Clearly, the dependence of the proportional odds model on the assumption of proportionality can be over-stressed. Suppose that two different statisticians would cut the same three-point scale at different cut points. It is hard to see how anybody who could accept either dichotomy could object to the compromise answer produced by the proportional odds model. — Stephen Senn

# Background

The Wilcoxon-Mann-Whitney two-sample rank-sum test is a special case of the proportional odds (PO) ordinal logistic regression model. The numerator of the PO model score \(\chi^2\) test for comparing two groups without covariate adjustment is exactly the Wilcoxon statistic. The equivalence of the PO model and the Wilcoxon test in this simple two-group setting is perhaps demonstrated more compellingly by showing how the Wilcoxon test statistic may be accurately approximated by a simple function of the odds ratio (OR) estimate from the PO model, even when PO is strongly violated.

In Violation of Proportional Odds is Not Fatal I used simulation to derive an accurate approximation to the Wilcoxon statistic from the PO model group 2 : group 1 odds ratio estimate (OR). When the Wilcoxon statistic is re-scaled to have a 0-1 range, i.e., to a *concordance probability* \(c\), the approximation is \[c = \frac{\mathrm{OR}^{0.66}}{1 + \mathrm{OR}^{0.66}}\]

Over a wide variety of simulated datasets, this approximation has a mean absolute error of 0.002^{1}.

For \(n\) overall observations, \(n_1\) in group 1 and \(n_2\) in group 2, let \(R\) denote the vector of ranks of all the observations ignoring group membership. In case of ties, midranks are used.
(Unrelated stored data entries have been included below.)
-- ===== src/Receiver/Bulk.antt =====
-- What a BULK frame changes.
use dlr.Prelude.{
  ℕ, ◌==◌, ◌≡◌, refl, ◌∙◌, arith, List, [], ◌∷◌, length, concat_map, true, false, if◌then◌else◌,
  Bool-cases, inl, inr, nat_eq, ==_iff,
}
use dlr.Prelude.Results.{Result-cases}
use dlr.Core.Blake3.{Blake3}
use dlr.Core.Block.{Block, BlockId}
use dlr.Core.Frame.{BulkFrame}
use dlr.Core.Wal.{Disk}
use dlr.Core.Store.{ContentStore, contains, session_ids, store_content_with_id}
use dlr.Core.Store.View.{sessions-store_content}
use dlr.Receiver.{
  Codec, Decoding, decoded, underdetermined, decode_failed, recover_blocks, parse_stream, Receiver,
  SessionState, mem, session_entry, without, without_all,
}
use dlr.Receiver.Sync.{
  store_contents, complete_bulk, handle_bulk, finish_bulk, keep_decoder, with_decoder,
  decoder_entry, add_symbols, ids_of, chunk_bytes,
}
use dlr.Receiver.Membership.{contains-store_content, mem-without}
use dlr.Receiver.Complete.{IsComplete, SamePending, IsComplete-same}
use dlr.Receiver.Entries.{session_entry-insert, pending-insert}

mem-without_all :
    (j : BlockId) (ids pending : List BlockId)
    → mem j (without_all ids pending) ≡ (if mem j ids then false else mem j pending)
unfolding mem without_all
mem-without_all j [] pending = refl
mem-without_all j (id ∷ ids) pending =
    ground (arith, mem-without_all j ids (without id pending), mem-without id j pending)

module _ (codec : Codec) (blake3 : Blake3) (disk : Disk) where
  session_ids-store_contents :
      (sid j : ℕ) (found : List (Block × BlockId)) (s : ContentStore)
      → session_ids (store_contents codec blake3 disk sid found s) j ≡ session_ids s j
  unfolding store_contents session_ids
  session_ids-store_contents sid j [] s = refl
  session_ids-store_contents sid j ((b, id) ∷ found) s =
      session_ids-store_contents sid j found _ ∙ rw (session_ids, sessions-store_content)

  contains-store_contents :
      (sid : ℕ) (j : BlockId) (found : List (Block × BlockId)) (s : ContentStore)
      → contains (store_contents codec blake3 disk sid found s) j
        ≡ (if mem j (ids_of found) then true else contains s j)
  unfolding store_contents mem
  contains-store_contents sid j [] s = refl
  contains-store_contents sid j ((b, id) ∷ found) s =
      let next = (store_content_with_id blake3 disk sid b id s).0 in
      ground (
        arith,
        contains-store_contents sid j found next,
        contains-store_content blake3 disk sid b id j s,
      )

  complete_bulk-IsComplete :
      (f : BulkFrame) (found : List (Block × BlockId)) (st : SessionState codec)
      (r : Receiver codec)
      → st.pending ≡ (session_entry codec f.session_id r.sessions).pending
      → IsComplete codec r
      → IsComplete codec (complete_bulk codec blake3 disk f found st r).0
  unfolding complete_bulk
  complete_bulk-IsComplete f found st r e h j id m =
      let m' : mem id (session_ids r.store j) ≡ true = rw session_ids-store_contents at m in
      elim (Bool-cases (mem id (ids_of found))) [
        | inl new ↦ inl (rw (contains-store_contents, new))
        | inr old ↦ elim (h j id m') [
          | inl c ↦ inl (rw (contains-store_contents, old) c)
          | inr p ↦ inr (elim (Bool-cases (f.session_id == j)) [
            | inl same ↦
                rw
                  (
                    session_entry-insert,
                    same,
                    mem-without_all,
                    old,
                    e,
                    (==_iff f.session_id j).0 same,
                  )
                  p
            | inr other ↦ rw (session_entry-insert, other) p
          ])
        ]
      ]

  keep_decoder-IsComplete :
      (f : BulkFrame) (d : codec.Decoder) (r : Receiver codec)
      → IsComplete codec r
      → IsComplete codec
          (keep_decoder codec blake3 disk f (session_entry codec f.session_id r.sessions) d r)
  unfolding keep_decoder SamePending
  keep_decoder-IsComplete f d r h =
      let st = session_entry codec f.session_id r.sessions in
      IsComplete-same codec r _ h refl (λ j.
        pending-insert codec f.session_id (with_decoder codec f.generation d st) r.sessions j refl)

  finish_bulk-IsComplete :
      (f : BulkFrame) (d : codec.Decoder) (decoding : Decoding) (r : Receiver codec)
      → IsComplete codec r
      → IsComplete codec
          (finish_bulk codec blake3 disk f
            (session_entry codec f.session_id r.sessions)
            d
            decoding
            r).0
  unfolding finish_bulk
  finish_bulk-IsComplete f d underdetermined r h = keep_decoder-IsComplete f d r h
  finish_bulk-IsComplete f d decode_failed r h = keep_decoder-IsComplete f d r h
  finish_bulk-IsComplete f d (decoded symbols) r h =
      let flat = concat_map chunk_bytes symbols in
      elim (Result-cases (recover_blocks codec blake3 (parse_stream (length flat) flat))) [
        | inr (e, p) ↦ rw (p, finish_bulk) (keep_decoder-IsComplete f d r h)
        | inl (found, p) ↦
            let st =
              with_decoder codec f.generation d (session_entry codec f.session_id r.sessions) in
            rw (p, finish_bulk) (complete_bulk-IsComplete f found st r refl h)
      ]

  pub handle_bulk-IsComplete :
      (f : BulkFrame) (r : Receiver codec)
      → IsComplete codec r
      → IsComplete codec (handle_bulk codec blake3 disk f r).0
  unfolding handle_bulk
  handle_bulk-IsComplete f r h =
      let st = session_entry codec f.session_id r.sessions in
      let (d, added) = add_symbols codec f.symbols (decoder_entry codec f st) in
      elim (Bool-cases added) [
        | inl e ↦
            rw (e, handle_bulk) (finish_bulk-IsComplete f (codec.decode d).0 (codec.decode d).1 r h)
        | inr e ↦ rw (e, handle_bulk) (keep_decoder-IsComplete f d r h)
      ]
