-- ===== src/Receiver/Ack.antt =====
-- The invariant along every frame and every restart, and what an acknowledgement promises.
use dlr.Prelude.{
  ℕ, ◌==◌, ◌≡◌, refl, ◌∙◌, arith, List, [], ◌∷◌, length, concat_map, Option, none, some, true,
  Bool-cases, Option-cases, inl, inr, nat_eq, ==_iff,
}
use dlr.Prelude.Assoc.{Assoc, lookup, keys}
use dlr.Prelude.Results.{Result, ok, Result-cases}
use dlr.Core.Blake3.{Blake3}
use dlr.Core.Block.{Block, BlockId}
use dlr.Core.Merkle.{MerkleRoot}
use dlr.Core.Frame.{
  AckFrame, Frame, append, resync, bulk, ack, missing, BulkFrame, ResyncFrame, AppendFrame,
}
use dlr.Core.Wal.{Disk}
use dlr.Core.Store.{
  ContentStore, SessionLog, is_some, contains, session_root, session_ids, session_list,
}
use dlr.Receiver.{
  Codec, Decoding, decoded, underdetermined, decode_failed, ReceiverError, recover_blocks,
  parse_stream, Receiver, SessionState, mem, handle_append, session_entry, is_empty, missing_ids,
  without_all, recover_sessions, new_receiver,
}
use dlr.Receiver.Sync.{
  complete_bulk, handle_bulk, finish_bulk, handle_resync, handle_frame, with_decoder, decoder_entry,
  add_symbols, chunk_bytes, ids_of,
}
use dlr.Receiver.Membership.{mem-missing_ids}
use dlr.Receiver.Append.{handle_append-Accepted}
use dlr.Receiver.Complete.{
  IsComplete, IsComplete-stored, SamePending, handle_append-pending, handle_append-IsComplete,
  handle_resync-IsComplete,
}
use dlr.Receiver.Bulk.{handle_bulk-IsComplete}
use dlr.Receiver.Entries.{session_entry-insert, session_entry-insert_self}

ok-some :
    (o : Option MerkleRoot) (root : MerkleRoot)
    → ◌≡◌ {A = Result ReceiverError (Option MerkleRoot)} (ok o) (ok (some root))
    → o ≡ some root
ok-some o root h = ground arith

ok_some_ack :
    (b a : AckFrame)
    → ◌≡◌ {A = Result ReceiverError (Option Frame)} (ok (some (ack b))) (ok (some (ack a)))
    → b ≡ a
ok_some_ack b a h = ground arith

module _ (codec : Codec) where
  recover_sessions-pending :
      (s : ContentStore) (m : Assoc ℕ SessionLog) (sid : ℕ)
      → is_some (lookup sid m) ≡ true
      → (session_entry codec sid (recover_sessions codec s (keys m))).pending
        ≡ missing_ids s (session_ids s sid)
  unfolding recover_sessions keys lookup
  recover_sessions-pending s [] sid h = absurd (cc)
  recover_sessions-pending s ((k, l) ∷ m) sid h = elim (Bool-cases (k == sid)) [
    | inl same ↦ rw (session_entry-insert, same, (==_iff k sid).0 same)
    | inr other ↦
        rw (session_entry-insert, other) (recover_sessions-pending s m sid (rw other at h))
  ]

  -- A receiver that is started on any store, a recovered one too, has every id of every session's
  -- log stored or pending.
  pub new_receiver-IsComplete : (s : ContentStore) → IsComplete codec (new_receiver codec s)
  unfolding new_receiver session_ids session_list mem
  new_receiver-IsComplete s sid id m = elim (Option-cases (lookup sid s.sessions)) [
    | inl e ↦ absurd (cc (rw (e, session_ids) at m))
    | inr (l, e) ↦ elim (mem-missing_ids s (session_ids s sid) id m) [
      | inl c ↦ inl c
      | inr p ↦ inr (rw (recover_sessions-pending s s.sessions sid (rw e)) p)
    ]
  ]

  module _ (blake3 : Blake3) (disk : Disk) where
    -- Handling a frame of any kind, whether it succeeds or not, keeps every id of every session's log
    -- stored or pending.
    pub handle_frame-IsComplete :
        (f : Frame) (r : Receiver codec)
        → IsComplete codec r
        → IsComplete codec (handle_frame codec blake3 disk f r).0
    unfolding handle_frame
    handle_frame-IsComplete (append a) r h = handle_append-IsComplete codec blake3 disk a r h
    handle_frame-IsComplete (resync f) r h = handle_resync-IsComplete codec blake3 disk f r h
    handle_frame-IsComplete (bulk f) r h = handle_bulk-IsComplete codec blake3 disk f r h
    handle_frame-IsComplete (ack a) r h = h
    handle_frame-IsComplete (missing m) r h = h

    -- A session without pending blocks, and its root.
    abbrev Synced : ℕ → MerkleRoot → Receiver codec → Type 0
    Synced sid root r =
        (root ≡ session_root r.store sid)
        × (is_empty (session_entry codec sid r.sessions).pending ≡ true)

    complete_bulk-Synced :
        (f : BulkFrame) (found : List (Block × BlockId)) (st : SessionState codec)
        (r : Receiver codec) (root : MerkleRoot)
        → (complete_bulk codec blake3 disk f found st r).1 ≡ some root
        → Synced f.session_id root (complete_bulk codec blake3 disk f found st r).0
    unfolding complete_bulk
    complete_bulk-Synced f found st r root h =
        elim (Bool-cases (is_empty (without_all (ids_of found) st.pending))) [
          | inr e ↦ absurd (cc (rw (e, complete_bulk) at h))
          | inl e ↦ (ground (arith, h, e), rw session_entry-insert_self e)
        ]

    finish_bulk-Synced :
        (f : BulkFrame) (st : SessionState codec) (d : codec.Decoder) (decoding : Decoding)
        (r : Receiver codec) (root : MerkleRoot)
        → (finish_bulk codec blake3 disk f st d decoding r).1 ≡ ok (some root)
        → Synced f.session_id root (finish_bulk codec blake3 disk f st d decoding r).0
    unfolding finish_bulk
    finish_bulk-Synced f st d underdetermined r root h = absurd (cc)
    finish_bulk-Synced f st d decode_failed r root h = absurd (cc)
    finish_bulk-Synced f st d (decoded symbols) r root h =
        let flat = concat_map chunk_bytes symbols in
        elim (Result-cases (recover_blocks codec blake3 (parse_stream (length flat) flat))) [
          | inr (e, p) ↦ absurd (cc (rw (p, finish_bulk) at h))
          | inl (found, p) ↦
              rw (p, finish_bulk)
                (complete_bulk-Synced f found (with_decoder codec f.generation d st) r root
                  (ok-some _ root (rw (p, finish_bulk) at h)))
        ]

    handle_bulk-Synced :
        (f : BulkFrame) (r : Receiver codec) (root : MerkleRoot)
        → (handle_bulk codec blake3 disk f r).1 ≡ ok (some root)
        → Synced f.session_id root (handle_bulk codec blake3 disk f r).0
    unfolding handle_bulk
    handle_bulk-Synced f r root h =
        let st = session_entry codec f.session_id r.sessions in
        let (d, added) = add_symbols codec f.symbols (decoder_entry codec f st) in
        elim (Bool-cases added) [
          | inl e ↦
              rw (e, handle_bulk)
                (finish_bulk-Synced f st (codec.decode d).0 (codec.decode d).1 r root
                  (rw (e, handle_bulk) at h))
          | inr e ↦ absurd (cc (rw (e, handle_bulk) at h))
        ]

    handle_append-Synced :
        (f : AppendFrame) (r : Receiver codec) (a : AckFrame)
        → (handle_append codec blake3 disk f r).1 ≡ ok a
        → Synced a.session_id a.root (handle_append codec blake3 disk f r).0
    unfolding SamePending
    handle_append-Synced f r a h =
        let (items, _, acc) = handle_append-Accepted codec blake3 disk f r a h in
        rw acc.session
          (acc.current, rw (handle_append-pending codec blake3 disk f r f.session_id) acc.synced)

    handle_resync-Synced :
        (f : ResyncFrame) (r : Receiver codec)
        → is_empty (handle_resync codec blake3 disk f r).1 ≡ true
        → is_empty
            (session_entry codec f.session_id
              (handle_resync codec blake3 disk f r).0.sessions).pending
          ≡ true
    unfolding handle_resync
    handle_resync-Synced f r h = rw session_entry-insert_self h

    handle_frame-Synced :
        (f : Frame) (r : Receiver codec) (a : AckFrame)
        → (handle_frame codec blake3 disk f r).1 ≡ ok (some (ack a))
        → Synced a.session_id a.root (handle_frame codec blake3 disk f r).0
    unfolding handle_frame
    handle_frame-Synced (append f) r a h =
        elim (Result-cases (handle_append codec blake3 disk f r).1) [
          | inr (e, p) ↦ absurd (cc (rw (p, handle_frame) at h))
          | inl (b, p) ↦
              let same : b ≡ a = ok_some_ack b a (rw (p, handle_frame) at h) in
              handle_append-Synced f r a (p ∙ rw same)
        ]
    handle_frame-Synced (resync f) r a h =
        elim (Bool-cases (is_empty (handle_resync codec blake3 disk f r).1)) [
          | inr e ↦ absurd (cc (rw (e, handle_frame) at h))
          | inl e ↦
              let same = ok_some_ack _ a (rw (e, handle_frame) at h) in
              rw (← same) (refl, handle_resync-Synced f r e)
        ]
    handle_frame-Synced (bulk f) r a h = elim (Result-cases (handle_bulk codec blake3 disk f r).1) [
      | inr (e, p) ↦ absurd (cc (rw (p, handle_frame) at h))
      | inl (none, p) ↦ absurd (cc (rw (p, handle_frame) at h))
      | inl (some root, p) ↦
          let same = ok_some_ack _ a (rw (p, handle_frame) at h) in
          rw (← same) (handle_bulk-Synced f r root p)
    ]
    handle_frame-Synced (ack b) r a h = absurd (cc)
    handle_frame-Synced (missing m) r a h = absurd (cc)

    -- If every id of every session's log is stored or pending when a frame comes in, then an ACK in
    -- answer to the frame, of whatever kind it is, carries the root of the session as the store has it
    -- after the frame, and every id of that session's log is stored.
    pub handle_frame_acked :
        (f : Frame) (r : Receiver codec) (a : AckFrame)
        → IsComplete codec r
        → (handle_frame codec blake3 disk f r).1 ≡ ok (some (ack a))
        → (a.root ≡ session_root (handle_frame codec blake3 disk f r).0.store a.session_id)
          × ((id : BlockId)
              → mem id (session_ids (handle_frame codec blake3 disk f r).0.store a.session_id)
                ≡ true
              → contains (handle_frame codec blake3 disk f r).0.store id ≡ true)
    handle_frame_acked f r a h e =
        let (root, synced) = handle_frame-Synced f r a e in
        let after = handle_frame-IsComplete f r h in
        (root, λ id m. IsComplete-stored codec _ a.session_id id after synced m)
The Wilcoxon rank-sum statistic \(W\) is based on the sum of ranks in group 2. Let \(X_{i}\) be [group = 2], the 1/0 indicator of being in group 2 for the \(i^{\mathrm{th}}\) observation.

\[W = \sum_{i=1}^{n} X_{i} R_{i} - \frac{n_{2} (n_{2} + 1)}{2}\]

Letting \(\bar{R}\) denote the mean of the group 2 ranks (\(\frac{1}{n_{2}} \sum_{i=1}^{n} X_{i}R_{i})\), the Wilcoxon statistic is proportional to

\[c = \frac{\bar{R} - \frac{n_{2} + 1}{2}}{n_{1}}\] where \(c\) is the c-index or concordance probability. It is the proportion of all possible pairs of observations, one from group 2 and one from group 1, such that the the observation from group 2 is the larger of the two. Since midranks are used for ties, \(c\) counts a tied pair as \(\frac{1}{2}\) concordant. So letting \(Y_{1}\) and \(Y_{2}\) represent, respectively, random observations from groups 1 and 2, \(c\) estimates \(\Pr(Y_{2} > Y_{1}) + \frac{1}{2} \Pr(Y_{2} = Y_{1})\).

There is an identity with Somers’ \(D_{yx}\) rank correlation, which is the probability of concordance minus the probability of discordance. \(D_{yx}\) can be also be written as \(D_{yx} = 2 \times (c - \frac{1}{2})\). Note that the R `Hmisc`

package function `rcorr.cens`

used below computes \(D_{xy}\), but \(D_{yx}(X, Y)\) is the same as \(D_{xy}(Y, X)\). \(D_{yx}\) means “discard ties on \(X\), let ties on \(Y\) count against us.” In a two-group comparison we are discarding ties on \(X\), i.e., are not comparing observations from group 1 with other observations in group 1.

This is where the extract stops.